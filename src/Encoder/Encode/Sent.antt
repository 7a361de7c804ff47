-- ===== src/Encoder/Encode/Sent.antt =====
-- What `encode` of src/encoder/encoder_controller.cpp gives the codec.
use spout_relay.Base.{
  suc, Bool, true, false, not, List, ◌∷◌, Option, some, ◌≡◌, refl, arith, ap, ◌∙◌, if◌then◌else◌,
  choose,
}
use spout_relay.Common.Types.{FrameBuffer}
use spout_relay.Encoder.Types.{EncodedPacket, SentFrame, Encoder, IsReady}
use spout_relay.Encoder.Encode.{
  EncodeAnswers, Encoded, send_frame, through_context, copy_to_pool, encode_gpu, encode_cpu, encode,
}
use spout_relay.Encoder.Encode.Retained.{
  Retained, Retained-refl, Retained-trans, through_context-calls, IsReady-after,
}

-- `e` after at most one frame more: numbered by the counter, an IDR if one was asked for.
pub data Advanced (e e' : Encoder) : Type 0 where
  unsent :
      e'.sent ≡ e.sent
      → e'.frame_count ≡ e.frame_count
      → e'.force_next_idr ≡ e.force_next_idr
      → Advanced e e'
  sent :
      (picture : Option FrameBuffer)
      → e'.sent ≡ record { pts = e.frame_count; idr = e.force_next_idr; picture = picture } ∷ e.sent
      → e'.frame_count ≡ suc e.frame_count
      → e'.force_next_idr ≡ false
      → Advanced e e'

-- Both of a call of `encode`.
record Call (e e' : Encoder) : Type 0 where
  advanced : Advanced e e'
  retained : Retained e e'

abbrev Calls : Encoder → Encoded → Type 0
Calls e r = Call e r.2

send_frame-Call :
    (a : EncodeAnswers) (out : List EncodedPacket) (e : Encoder) → Call e (send_frame a out e).2
unfolding send_frame
send_frame-Call a out e = choose (Calls e) _ (λ _. given) (λ _. given)
  where
    given : Call e (record e {
      frame_count = suc e.frame_count;
      force_next_idr = false;
      sent = record { pts = e.frame_count; idr = e.force_next_idr; picture = e.picture } ∷ e.sent;
    })
    given = record { advanced = sent e.picture refl refl refl; retained = ground arith }

-- Filling a frame touches neither the counter nor the flag.
record Filled (e e' : Encoder) : Type 0 where
  same_sent : e'.sent ≡ e.sent
  same_count : e'.frame_count ≡ e.frame_count
  same_flag : e'.force_next_idr ≡ e.force_next_idr
  same_objects : Retained e e'

copied :
    (ref : Bool) (e : Encoder) (kept : Option FrameBuffer)
    → e.gpu_path ≡ true
    → Filled e (record (through_context e) { last_hw_frame = some ref; picture = kept })
unfolding through_context
copied ref e kept gpu = record {
  same_sent = refl;
  same_count = refl;
  same_flag = refl;
  same_objects = record {
    codec = refl;
    packet = refl;
    path = refl;
    frames = refl;
    scaler = refl;
    yuv = refl;
    config = refl;
    context = refl;
    calls = λ held. through_context-calls e (held gpu);
    hw_frame = λ h. refl;
  };
}

unfilled : {e : Encoder} → Filled e e
unfilled = record {
  same_sent = refl;
  same_count = refl;
  same_flag = refl;
  same_objects = Retained-refl;
}

copy_to_pool-Filled :
    (a : EncodeAnswers) (frame : FrameBuffer) (e : Encoder)
    → e.gpu_path ≡ true
    → Filled e (copy_to_pool a frame e).1
unfolding copy_to_pool through_context
copy_to_pool-Filled a frame e gpu =
    choose filled _ (λ _. unfilled)
      λ _.
        choose filled _ (λ _. unfilled)
          λ _.
            choose filled _ (λ _. unfilled)
              λ _.
                choose filled _ (λ _. copied false e e.picture gpu)
                  (λ _. copied true e (some frame) gpu)
  where
    filled : Bool × Encoder → Type 0
    filled r = Filled e r.1

number_after : {e e' e'' : Encoder} → Filled e e' → Advanced e' e'' → Advanced e e''
number_after f (unsent p q r) = unsent (p ∙ f.same_sent) (q ∙ f.same_count) (r ∙ f.same_flag)
number_after {e} {e'} {e''} f (sent picture p q r) =
    sent picture (p ∙ entry) (q ∙ ap suc f.same_count) r
  where
    entry :
        Path
          (List SentFrame)
          (record { pts = e'.frame_count; idr = e'.force_next_idr; picture = picture } ∷ e'.sent)
          (record { pts = e.frame_count; idr = e.force_next_idr; picture = picture } ∷ e.sent)
    entry = rw (f.same_sent, f.same_count, f.same_flag) refl

nothing : {e : Encoder} → Call e e
nothing = record { advanced = unsent refl refl refl; retained = Retained-refl }

after_fill : {e e' e'' : Encoder} → Filled e e' → Call e' e'' → Call e e''
after_fill f c = record {
  advanced = number_after f c.advanced;
  retained = Retained-trans f.same_objects c.retained;
}

after_copy :
    (a : EncodeAnswers) (out : List EncodedPacket) (e : Encoder) (p : Bool × Encoder)
    → Filled e p.1
    → Calls e (
        if not p.0
        then (false, out, p.1)
        else if not a.send_alloc
        then (false, out, p.1)
        else if not a.send_ref
        then (false, out, p.1)
        else send_frame a out p.1)
after_copy a out e p f =
    choose (Calls e) _ (λ _. after_fill f nothing)
      λ _.
        choose (Calls e) _ (λ _. after_fill f nothing)
          λ _.
            choose (Calls e) _ (λ _. after_fill f nothing)
              λ _. after_fill f (send_frame-Call a out p.1)

encode_gpu-Call :
    (a : EncodeAnswers) (frame : FrameBuffer) (changed : Bool) (out : List EncodedPacket)
    (e : Encoder)
    → e.gpu_path ≡ true
    → Calls e (encode_gpu a frame changed out e)
unfolding encode_gpu
encode_gpu-Call a frame changed out e gpu =
    choose (Calls e) _ (λ _. nothing)
      λ _.
        choose (Calls e) _ (λ _. nothing)
          λ _. after_copy a out e _ (
            choose (λ (r : Bool × Encoder). Filled e r.1) _ (λ _. copy_to_pool-Filled a frame e gpu)
              (λ _. unfilled))

encode_cpu-Call :
    (a : EncodeAnswers) (frame : FrameBuffer) (changed : Bool) (out : List EncodedPacket)
    (e : Encoder)
    → Calls e (encode_cpu a frame changed out e)
unfolding encode_cpu
encode_cpu-Call a frame changed out e =
    choose (Calls e) _ (λ _. nothing)
      λ _.
        choose (Calls e) _
          (λ _.
            choose (Calls e) _ (λ _. nothing)
              λ _.
                after_fill
                  (record {
                    same_sent = refl;
                    same_count = refl;
                    same_flag = refl;
                    same_objects = ground arith;
                  })
                  (send_frame-Call a out (record e { picture = some frame })))
          (λ _. send_frame-Call a out e)

encode-Call :
    (a : EncodeAnswers) (frame : FrameBuffer) (changed : Bool) (out : List EncodedPacket)
    (e : Encoder)
    → Calls e (encode a frame changed out e)
unfolding encode
encode-Call a frame changed out e =
    choose (Calls e) _ (λ _. nothing)
      λ _.
        choose (Calls e) _ (λ gpu. encode_gpu-Call a frame changed out e gpu)
          (λ _. encode_cpu-Call a frame changed out e)

-- A call of `encode`, whatever fails in it, gives the codec at most one frame: numbered by the
-- frame counter, which it advances by one, and forced to be an IDR exactly if one had been asked
-- for, which it answers once. A call that gives none leaves counter and request as they were.
pub encode-Advanced :
    (a : EncodeAnswers) (frame : FrameBuffer) (content_changed : Bool) (out : List EncodedPacket)
    (e : Encoder)
    → Advanced e (encode a frame content_changed out e).2
encode-Advanced a frame changed out e = (encode-Call a frame changed out e).advanced

-- An encoder that is ready stays so through a call of `encode`, whatever fails in it.
pub encode-IsReady :
    (a : EncodeAnswers) (frame : FrameBuffer) (content_changed : Bool) (out : List EncodedPacket)
    (e : Encoder)
    → IsReady e
    → IsReady (encode a frame content_changed out e).2
encode-IsReady a frame changed out e h =
    IsReady-after (encode-Call a frame changed out e).retained h
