-- ===== src/Encoder/Init/Ready.antt =====
-- What `init` of src/encoder/encoder_controller.cpp leaves, on success and on failure.
use spout_relay.Base.{
  ℕ, suc, Bool, true, false, not, List, [], ◌∷◌, Option, none, some, String, ◌≡◌, refl, arith,
  if◌then◌else◌, choose,
}
use spout_relay.Common.Types.{EncoderConfig}
use spout_relay.Encoder.Types.{AvPixelFormat, CodecContext, Encoder, IsReady, reset}
use spout_relay.Encoder.Init.{
  CodecAnswers, GpuPath, GpuAnswers, Attempt, next, returned, no_gpu_path, try_init_gpu_path,
  finish_gpu, finish_cpu, with_codec, try_codec, try_codecs, init, codecs_to_try,
}

-- No codec is open, and nothing that a codec needs is held.
pub record IsClosed (config : EncoderConfig) (e : Encoder) : Type 0 where
  pub no_codec : e.codec_ctx ≡ none
  pub on_cpu : e.gpu_path ≡ false
  pub no_frames : e.sent ≡ []
  pub none_counted : e.frame_count ≡ 0
  pub no_null_call : e.null_call ≡ false
  pub configured : e.config ≡ config

-- Set up, with no frame sent yet.
pub record IsSetUp (config : EncoderConfig) (e : Encoder) : Type 0 where
  pub ready : IsReady e
  pub no_frames : e.sent ≡ []
  pub none_counted : e.frame_count ≡ 0
  pub configured : e.config ≡ config

-- The outcome of an initialisation that reports `ok`.
abbrev pub Result : EncoderConfig → Bool → Encoder → Type 0
Result config true e = IsSetUp config e
Result config false e = (e.codec_ctx ≡ none) × (e.sent ≡ [])

-- One attempt either goes on closed or returns an outcome.
data Tried (config : EncoderConfig) : Attempt → Type 0 where
  goes_on : {error : String} {e : Encoder} → IsClosed config e → Tried config (next error e)
  returns :
      {ok : Bool} {error : String} {e : Encoder}
      → Result config ok e
      → Tried config (returned ok error e)

module _ (config : EncoderConfig) (a : CodecAnswers) where
  finish_gpu-Tried :
      (error : String) (path : GpuPath) (pool : AvPixelFormat) (ctx : CodecContext) (e : Encoder)
      → (path.hw_frames_ctx ≡ true) × (path.d3d_ctx ≡ true)
      → IsClosed config e
      → Tried config (finish_gpu a error path pool (record e { codec_ctx = some ctx }))
  unfolding finish_gpu reset
  finish_gpu-Tried error path pool ctx e f h =
      choose (Tried config) _ (λ _. returns (refl, refl))
        λ _.
          choose (Tried config) _ (λ _. returns (refl, refl))
            λ _. returns (record {
              ready = record {
                open_codec = (ctx, refl);
                packet = refl;
                gpu_objects = λ _. (f.0, (false, refl));
                gpu_context = λ _. f.1;
                no_null_call = h.no_null_call;
                cpu_objects = λ h. cc;
              };
              no_frames = h.no_frames;
              none_counted = refl;
              configured = h.configured;
            })

  finish_cpu-Tried :
      (error : String) (ctx : CodecContext) (e : Encoder)
      → IsClosed config e
      → Tried config (finish_cpu a error (record e { codec_ctx = some ctx }))
  unfolding finish_cpu
  finish_cpu-Tried error ctx e h =
      choose (Tried config) _ (λ _. goes_on (ground arith))
        λ _.
          choose (Tried config) _ (λ _. goes_on (ground arith))
            λ _.
              choose (Tried config) _ (λ _. returns (refl, h.no_frames))
                λ _.
                  choose (Tried config) _ (λ _. returns (refl, h.no_frames))
                    λ _.
                      choose (Tried config) _ (λ _. returns (refl, h.no_frames))
                        λ _. returns (record {
                          ready = record {
                            open_codec = (ctx, refl);
                            packet = refl;
                            gpu_objects = λ g. ground arith;
                            gpu_context = λ g. ground arith;
                            no_null_call = h.no_null_call;
                            cpu_objects = λ _. (refl, refl);
                          };
                          no_frames = h.no_frames;
                          none_counted = refl;
                          configured = h.configured;
                        })

  with_codec-Tried :
      (name error : String) (what : Option String) (ctx : CodecContext) (path : GpuPath)
      (pool : AvPixelFormat) (e : Encoder)
      → (path.ok ≡ true → (path.hw_frames_ctx ≡ true) × (path.d3d_ctx ≡ true))
      → IsClosed config e
      → Tried config (with_codec a name error what ctx path pool e)
  unfolding with_codec
  with_codec-Tried name error (some what) ctx path pool e f h = goes_on h
  with_codec-Tried name error none ctx path pool e f h =
      let named : Encoder = record e { codec_name = name } in
      choose (Tried config) path.ok
        (λ ok. finish_gpu-Tried error path pool ctx named (f ok) (ground arith))
        (λ _. finish_cpu-Tried error ctx named (ground arith))

  try_init_gpu_path-frames :
      (g : GpuAnswers) (b device : Bool)
      → let path = if b then try_init_gpu_path g device else no_gpu_path in
        path.ok ≡ true → (path.hw_frames_ctx ≡ true) × (path.d3d_ctx ≡ true)
  unfolding try_init_gpu_path if◌then◌else◌
  try_init_gpu_path-frames g b device = ground arith

  try_codec-Tried :
      (name error : String) (width height : ℕ) (device : Bool) (format : ℕ) (e : Encoder)
      → IsClosed config e
      → Tried config (try_codec a name error width height device format e)
  unfolding try_codec
  try_codec-Tried name error width height device format e h =
      choose (Tried config) (not a.found) (λ _. goes_on h)
        λ _.
          choose (Tried config) (not a.context_alloc) (λ _. goes_on h)
            λ _.
              with_codec-Tried name error a.open_error _ _ _ e
                (try_init_gpu_path-frames a.gpu _ device) h

proceed :
    (config : EncoderConfig) (attempt : Attempt) (k : String → Encoder → Bool × String × Encoder)
    → ((error : String) (e : Encoder)
        → IsClosed config e
        → Result config (k error e).0 (k error e).2)
    → Tried config attempt
    → let r : Bool × String × Encoder = elim attempt [
      | next error e ↦ k error e
      | returned ok error e ↦ (ok, error, e)
    ] in
      Result config r.0 r.2
proceed config (next error e) k h (goes_on c) = h error e c
proceed config (returned ok error e) k h (returns r) = r

try_codecs-Result :
    (config : EncoderConfig) (attempts : ℕ → CodecAnswers) (i : ℕ) (names : List String)
    (error : String) (width height : ℕ) (device : Bool) (format : ℕ) (e : Encoder)
    → IsClosed config e
    → let r = try_codecs attempts i names error width height device format e in
      Result config r.0 r.2
unfolding try_codecs
try_codecs-Result config attempts i [] error width height device format e h =
    (h.no_codec, h.no_frames)
try_codecs-Result config attempts i (name ∷ names) error width height device format e h =
    proceed config _
      (λ error' e'. try_codecs attempts (suc i) names error' width height device format e')
      (λ error' e' h'.
        try_codecs-Result config attempts (suc i) names error' width height device format e' h')
      (try_codec-Tried config (attempts i) name error width height device format e h)

-- `init` that succeeds leaves an encoder with all that `encode` works on, the context that it calls
-- through on the GPU path included, and no frame counted or
-- sent, on the GPU path and on the CPU path; one that fails, at whatever call and codec of the
-- list, leaves none open.
pub init-Result :
    (attempts : ℕ → CodecAnswers) (config : EncoderConfig) (width height : ℕ) (device : Bool)
    (format : ℕ) (e : Encoder)
    → let (ok, _, e') = init attempts config width height device format e in Result config ok e'
unfolding init reset
init-Result attempts config width height device format e =
    try_codecs-Result config attempts 0 (codecs_to_try config) "" width height device format _
      (record {
        no_codec = refl;
        on_cpu = refl;
        no_frames = refl;
        none_counted = refl;
        no_null_call = refl;
        configured = refl;
      })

-----

■ WORK INSTRUCTIONS: How many lines of the listing include the string "kept"? Answer with the number alone.

■ RESPONSE TO THE EXERCISE: 3